Cade Roux asked:
I’m running a server on AWS and I’m connecting out to a partner’s FTP site (not much idea what they are running). My server has an elastic IP. In the results below xx.xx.xx.xx is the internal IP (same as I get from IPConfig). yy.yy.yy.yy is the external IP (same as I am RDPed into).
Connected to ftp.site.com. 220---------- Welcome to Pure-FTPd [privsep] ---------- 220-You are user number 1 of 50 allowed. 220-Local time is now 22:47. Server port: 21. 220-IPv6 connections are also welcome on this server. 220 You will be disconnected after 15 minutes of inactivity. User (ftp.site.com:(none)): someuser 331 User someuser OK. Password required Password: 230 OK. Current restricted directory is / ftp> literal pasv 227 Entering Passive Mode (69,28,68,87,255,170) ftp> ls 500 I won't open a connection to xx.xx.xx.xx (only to yy.yy.yy.yy)
I tried PASV mode, but it’s not working.
I have nothing open on my security group except the RDP.
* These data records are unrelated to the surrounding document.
-- ===== src/Memory/Shared/Concurrent/Safety.antt =====
-- What holds in every state that threads may bring shared buffers to.
use pipeline_tools.Prelude.{
  ℕ, zero, suc, ◌+◌, ◌^◌, ◌≤◌, ◌<◌, ◌≡◌, ◌≢◌, refl, none, arith, lt_or_le, inl, inr,
}
use pipeline_tools.Prelude.Store.{tally, tally-one, tally-pair}
use pipeline_tools.Prelude.Outcome.{Returns, Returns-done}
use pipeline_tools.Memory.Buffer.{ReleasedBuffer}
use pipeline_tools.Memory.Shared.Counting.{ref_of}
use pipeline_tools.Memory.Shared.Concurrent.{
  idle, System, var, advance, Allowed, calls, advances, Reach, start, later, init,
}
use pipeline_tools.Memory.Shared.Concurrent.Advances.{advance-Inv}
use pipeline_tools.Memory.Shared.Concurrent.Calls.{begin-Inv}
use pipeline_tools.Memory.Shared.Concurrent.Counted.{own, to_end, to_delete, due, weigh, Inv}

tally-none :
    {A : Type 0} (n : ℕ) (g : A → ℕ) (v : ℕ → A) → ((k : ℕ) → k < n → g (v k) ≡ 0) → tally n g v ≡ 0
unfolding tally
tally-none zero g v h = refl
tally-none (suc n) g v h =
    omega (arith, tally-none n g v (λ k l. h k (omega arith)), h n (omega arith))

module _ (n : ℕ) (f : ReleasedBuffer → ℕ) (small : n + n < 2 ^ 64) where
  init-Inv : Inv n f init
  unfolding weigh
  init-Inv = record {
    at = λ a.
        let w = tally-none n (own a) (λ _. var none idle) (λ k l. refl) in
        let e = tally-none n (to_end a) (λ _. var none idle) (λ k l. refl) in
        let d = tally-none n (to_delete a) (λ _. var none idle) (λ k l. refl) in ground arith;
    sound = λ k. tt;
  }

  Reach-Inv : {s : System} → Reach n s → Inv n f s
  Reach-Inv start = init-Inv
  Reach-Inv (later {s} r (calls i o lt ok)) = begin-Inv n f i lt s (Reach-Inv r) o ok
  Reach-Inv (later {s} r (advances i lt ok e)) =
      rw e at (advance-Inv n f small i lt s (Reach-Inv r) ok)

  -- No handle, no method.
  empty_counts :
      (s : System) (a : ℕ)
      → Reach n s
      → ((k : ℕ) → k < n → s.vars k ≡ var none idle)
      → (s.heap a ≡ none) × (weigh f a s.made ≡ weigh f a s.ended + weigh f a s.given)
  empty_counts s a r h =
      let k = (Reach-Inv r).at a in
      let w = tally-none n (own a) s.vars (λ j l. rw (h j l) refl) in
      let e = tally-none n (to_end a) s.vars (λ j l. rw (h j l) refl) in
      let d = tally-none n (to_delete a) s.vars (λ j l. rw (h j l) refl) in ground (arith, k)

module _ (n : ℕ) (small : n + n < 2 ^ 64) (s : System) (r : Reach n s) where
  inv : Inv n (λ _. 0) s
  inv = Reach-Inv n (λ _. 0) small r

  -- In every state that threads reach, the count of each block is the number of handles on it: of the
  -- variables that point to it and are in no method that has given it up or has not counted it yet, and
  -- of the assignments that have counted it and not stored it yet.
  pub Reach-counts : (a : ℕ) → ref_of (s.heap a) ≡ tally n (own a) s.vars
  Reach-counts a = (inv.at a).counted

  -- Whatever the other threads did, the next access of a method finds its block, and the method goes on
  -- to a state that is again reached.
  pub advance-Reach :
      (i : ℕ) → i < n → Allowed n i (s.vars i).pc s → Returns (λ _ t. Reach n t) (advance i s)
  advance-Reach i lt ok =
      let (_, t, e, _) = Returns-done (advance i s) (advance-Inv n (λ _. 0) small i lt s inv ok) in
      rw e (later r (advances i lt ok e))

  only_end :
      (i j a : ℕ)
      → i < n
      → j < n
      → 0 < to_end a (s.vars i)
      → i ≢ j
      → (to_end a (s.vars j) ≡ 0) × (to_delete a (s.vars j) ≡ 0)
  only_end i j a lt hj h apart =
      let k = inv.at a in
      let mine = tally-one n i (to_end a) s.vars lt in
      let due_le : due (s.heap a) ≤ 1 = ground arith in
      let both : to_end a (s.vars i) + to_end a (s.vars j) ≤ tally n (to_end a) s.vars =
        elim (lt_or_le i j) [
          | inl below ↦ tally-pair n i j (to_end a) s.vars below hj
          | inr above ↦ omega (arith, tally-pair n j i (to_end a) s.vars (omega arith) lt)
        ] in
      (
        omega (arith, both, k.ending),
        omega (arith, tally-one n j (to_delete a) s.vars hj, k.ending),
      )

  no_handle : (i j a : ℕ) → i < n → j < n → 0 < to_end a (s.vars i) → own a (s.vars j) ≡ 0
  no_handle i j a lt hj h =
      ground (arith, inv.at a, tally-one n i (to_end a) s.vars lt, tally-one n j (own a) s.vars hj)

  -- A variable that is about to call the deleter of the block at `a`, or to take its parts out, is the
  -- only one about to do so or to delete the block, and neither it nor another one has a handle on it.
  pub end_alone :
      (i j a : ℕ)
      → i < n
      → j < n
      → i ≢ j
      → 0 < to_end a (s.vars i)
      → (own a (s.vars i) ≡ 0)
        × (own a (s.vars j) ≡ 0)
        × (to_end a (s.vars j) ≡ 0)
        × (to_delete a (s.vars j) ≡ 0)
  end_alone i j a lt hj apart h =
      let (ends, deletes) = only_end i j a lt hj h apart in
      (no_handle i i a lt lt h, no_handle i j a lt hj h, ends, deletes)

-- Once the variables are empty and no method is in progress, no block is left, and of what was made at
-- an address each was ended once or handed out once, with the parts that it was made with: `f` weighs
-- parts, in any way.
pub all_ended :
    (n : ℕ) (f : ReleasedBuffer → ℕ) (s : System) (a : ℕ)
    → n + n < 2 ^ 64
    → Reach n s
    → ((k : ℕ) → k < n → s.vars k ≡ var none idle)
    → (s.heap a ≡ none) × (weigh f a s.made ≡ weigh f a s.ended + weigh f a s.given)
all_ended n f s a small r h = empty_counts n f small s a r h
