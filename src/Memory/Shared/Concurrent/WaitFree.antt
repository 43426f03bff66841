-- ===== src/Memory/Shared/Concurrent/WaitFree.antt =====
-- How far a method is from its end.
use pipeline_tools.Prelude.{
  ℕ, ◌≤◌, ◌<◌, ◌≡◌, ◌≢◌, ◌⊎◌, refl, false, Option, arith, ◌==◌, Bool-cases, inl, inr,
}
use pipeline_tools.Prelude.Store.{update}
use pipeline_tools.Prelude.Outcome.{done}
use pipeline_tools.Memory.Shared.Concurrent.{
  Pc, idle, constructing, assigning, dropping, last, deleting, cleared, exchanging, taking, taken,
  System, var, advance, advance_at, Allowed, Step, calls, advances, Pc, begin, Call, resets,
  releases, constructs, copy_constructs, copy_assigns, move_constructs, move_assigns, swaps, Ready,
  Free,
}

-- The accesses that a method has ahead of it at most; the last one may be the end of the method.
abbrev pub rank : Pc → ℕ
rank idle = 0
rank (cleared k) = 1
rank (constructing j) = 1
rank (deleting k) = 2
rank (last k) = 3
rank (dropping k) = 4
rank (assigning j x) = 5
rank (taken r) = 1
rank taking = 2
rank exchanging = 3

module _ (n : ℕ) (s : System) where
  apart : (i j : ℕ) → (s.vars i).pc ≢ idle → Free j s → (j == i) ≡ false
  apart i j busy free = ground (arith, free.quiet)

  begin-elsewhere :
      (i j : ℕ) (o : Call) → (s.vars i).pc ≢ idle → Ready n j o s → (begin j o s).vars i ≡ s.vars i
  unfolding begin update
  begin-elsewhere i j (constructs fresh ptr size d loc) busy ok =
      ground (arith, apart i j busy ok.0)
  begin-elsewhere i j (copy_constructs k) busy ok = ground (arith, apart i j busy ok.0)
  begin-elsewhere i j (copy_assigns k) busy ok = ground (arith, apart i j busy ok.0)
  begin-elsewhere i j (move_constructs k) busy ok =
      ground (arith, apart i j busy ok.0.left, apart i k busy ok.0.right)
  begin-elsewhere i j (move_assigns k) busy ok = ground (arith, apart i j busy ok.left)
  begin-elsewhere i j (swaps k) busy ok =
      ground (arith, apart i j busy ok.left, apart i k busy ok.right)
  begin-elsewhere i j resets busy ok = ground (arith, apart i j busy ok)
  begin-elsewhere i j releases busy ok = ground (arith, apart i j busy ok)

  -- The access of one variable's method.
  advance_at-own :
      {t : System} (i : ℕ) (c : Option ℕ) (p : Pc)
      → s.vars i ≡ var c p
      → p ≢ idle
      → Allowed n i p s
      → advance_at i c p s ≡ done tt t
      → rank (t.vars i).pc < rank p
  unfolding advance_at update
  advance_at-own i c p e busy ok r = ground arith

  advance_at-elsewhere :
      {t : System} (i j : ℕ) (c : Option ℕ) (p : Pc)
      → (j == i) ≡ false
      → (s.vars i).pc ≢ idle
      → Allowed n j p s
      → advance_at j c p s ≡ done tt t
      → t.vars i ≡ s.vars i
  unfolding advance_at update
  advance_at-elsewhere i j c p other busy ok r = ground arith

-- A step changes a method in progress only by one of its own accesses, and each of these brings it nearer
-- to its end, of which it is at most five away. So no method waits for another one.
pub Step-nearer :
    (n : ℕ) (s t : System) (i : ℕ)
    → Step n s t
    → (s.vars i).pc ≢ idle
    → ((t.vars i ≡ s.vars i) ⊎ (rank (t.vars i).pc < rank (s.vars i).pc)) × (rank (s.vars i).pc ≤ 5)
unfolding advance
Step-nearer n s t i (calls j o lt ok) busy = (inl (begin-elsewhere n s i j o busy ok), ground arith)
Step-nearer n s t i (advances j lt ok r) busy = elim (Bool-cases (j == i)) [
  | inl same ↦
      let e : i ≡ j = ground arith in
      rw e (inr (advance_at-own n s j _ _ refl (rw e at busy) ok r), ground arith)
  | inr other ↦ (inl (advance_at-elsewhere n s i j _ _ other busy ok r), ground arith)
]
Windows Firewall is running on the server as well with what looks like Amazon’s default configuration.
Once I get this connection working I will probably be FTPing data from an SSIS package to their server, FWIW.
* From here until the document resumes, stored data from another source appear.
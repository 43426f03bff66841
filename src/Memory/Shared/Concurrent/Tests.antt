-- ===== src/Memory/Shared/Concurrent/Tests.antt =====
-- The theorems on shared buffers among threads, where two threads give up a block at the same time.
use pipeline_tools.Prelude.{◌∷◌, ℕ, ◌+◌, ◌≤◌, ◌<◌, ◌≡◌, ◌⊎◌, refl, none, some, arith, []}
use pipeline_tools.Prelude.Store.{update, tally}
use pipeline_tools.Prelude.Outcome.{Outcome, done, Returns}
use pipeline_tools.Memory.Buffer.{host}
use pipeline_tools.Memory.Shared.Counting.{ref_of}
use pipeline_tools.Memory.Shared.Concurrent.{
  System, var, init, begin, advance, advance_at, reads, Call, constructs, copy_constructs, resets,
  calls, advances, Reach, start, later, idle,
}
use pipeline_tools.Memory.Shared.Concurrent.Counted.{own, to_end, to_delete, weigh}
use pipeline_tools.Memory.Shared.Concurrent.Safety.{
  Reach-counts, advance-Reach, end_alone, all_ended,
}
use pipeline_tools.Memory.Shared.Concurrent.WaitFree.{rank, Step-nearer}

abbrev landed : Outcome System (Unit {0}) → System
landed (done _ s) = s
landed _ = init

unfoldable moved : ℕ → System → System
unfolding advance advance_at
moved i s = landed (advance i s)

-- The first variable makes a block at address 7, the second copies it, and both are reset.
abbrev made : Call
made = constructs 7 9 3 (some 4) host

unfoldable shared : System
unfolding begin moved
shared = moved 1 (begin 1 (copy_constructs 0) (begin 0 made init))

unfoldable both_drop : System
unfolding begin shared
both_drop = begin 1 resets (begin 0 resets shared)

-- The first has lowered the count from 2, the second from 1.
unfoldable last_owner : System
unfolding both_drop moved
last_owner = moved 1 (moved 0 both_drop)

unfoldable finished : System
unfolding last_owner moved
finished = moved 1 (moved 1 (moved 1 (moved 0 last_owner)))

reach_one : Reach 2 (begin 0 made init)
unfolding reads begin
reach_one =
    later start
      (calls 0 made (omega arith) (record { quiet = refl; unread = λ k. refl }, refl, refl))

reach_copy : Reach 2 (begin 1 (copy_constructs 0) (begin 0 made init))
unfolding reads begin update
reach_copy = later reach_one (
    calls 1 (copy_constructs 0) (omega arith)
      (record { quiet = refl; unread = λ k. ground arith }, refl, omega arith, omega arith, refl))

reach_shared : Reach 2 shared
unfolding shared begin update moved advance advance_at
reach_shared = later reach_copy (advances 1 (omega arith) tt refl)

reach_both : Reach 2 both_drop
unfolding reads both_drop shared begin update moved advance advance_at
reach_both =
    later
      (later reach_shared
        (calls 0 resets (omega arith) (record { quiet = refl; unread = λ k. ground arith })))
      (calls 1 resets (omega arith) (record { quiet = refl; unread = λ k. ground arith }))

reach_last : Reach 2 last_owner
unfolding last_owner both_drop shared begin update moved advance advance_at
reach_last =
    later (later reach_both (advances 0 (omega arith) tt refl)) (advances 1 (omega arith) tt refl)

reach_finished : Reach 2 finished
unfolding finished last_owner both_drop shared begin update moved advance advance_at
reach_finished =
    later
      (later
        (later (later reach_last (advances 0 (omega arith) tt refl))
          (advances 1 (omega arith) tt refl))
        (advances 1 (omega arith) tt refl))
      (advances 1 (omega arith) tt refl)

-- The deleter ran once, with the second variable's reset.
finished_once :
    finished.ended ≡ (7, record { ptr = 9; count = 3; deleter = some 4; location = host }) ∷ []
unfolding finished last_owner both_drop shared begin update moved advance advance_at
finished_once = refl

Reach-counts_example : ref_of (shared.heap 7) ≡ tally 2 (own 7) shared.vars
Reach-counts_example = Reach-counts 2 (omega arith) shared reach_shared 7

advance-Reach_example : Returns (λ _ t. Reach 2 t) (advance 0 both_drop)
unfolding both_drop shared begin update moved advance advance_at
advance-Reach_example = advance-Reach 2 (omega arith) both_drop reach_both 0 (omega arith) tt

end_alone_example :
    (own 7 (last_owner.vars 1) ≡ 0)
    × (own 7 (last_owner.vars 0) ≡ 0)
    × (to_end 7 (last_owner.vars 0) ≡ 0)
    × (to_delete 7 (last_owner.vars 0) ≡ 0)
unfolding last_owner both_drop shared begin update moved advance advance_at
end_alone_example =
    end_alone 2 (omega arith) last_owner reach_last 1 0 7 (omega arith) (omega arith) (omega arith)
      (omega arith)

all_empty : (k : ℕ) → k < 2 → finished.vars k ≡ var none idle
unfolding finished last_owner both_drop shared begin update moved advance advance_at
all_empty k h = ground arith

all_ended_example :
    (finished.heap 7 ≡ none)
    × (weigh (λ r. r.ptr) 7 finished.made
        ≡ weigh (λ r. r.ptr) 7 finished.ended + weigh (λ r. r.ptr) 7 finished.given)
all_ended_example = all_ended 2 (λ r. r.ptr) finished 7 (omega arith) reach_finished all_empty

Step-nearer_example :
    ((last_owner.vars 1 ≡ (moved 0 both_drop).vars 1)
      ⊎ (rank (last_owner.vars 1).pc < rank ((moved 0 both_drop).vars 1).pc))
    × (rank ((moved 0 both_drop).vars 1).pc ≤ 5)
unfolding last_owner both_drop shared begin update moved advance advance_at
Step-nearer_example =
    Step-nearer 2 (moved 0 both_drop) last_owner 1 (advances 1 (omega arith) tt refl)
      (λ e. ground arith)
I know FTP is quirky through NAT like this with the connections being opened coming back. What do I need to do?
The command line FTP client built into Windows doesn’t support passive mode at all. Those hacks you found on the Internet about
literal pasv or
quote pasv don’t actually do anything as far as the FTP client is concerned; they tell the server to enter passive mode, but the client remains blissfully unaware. You’ll need to obtain a third party FTP client.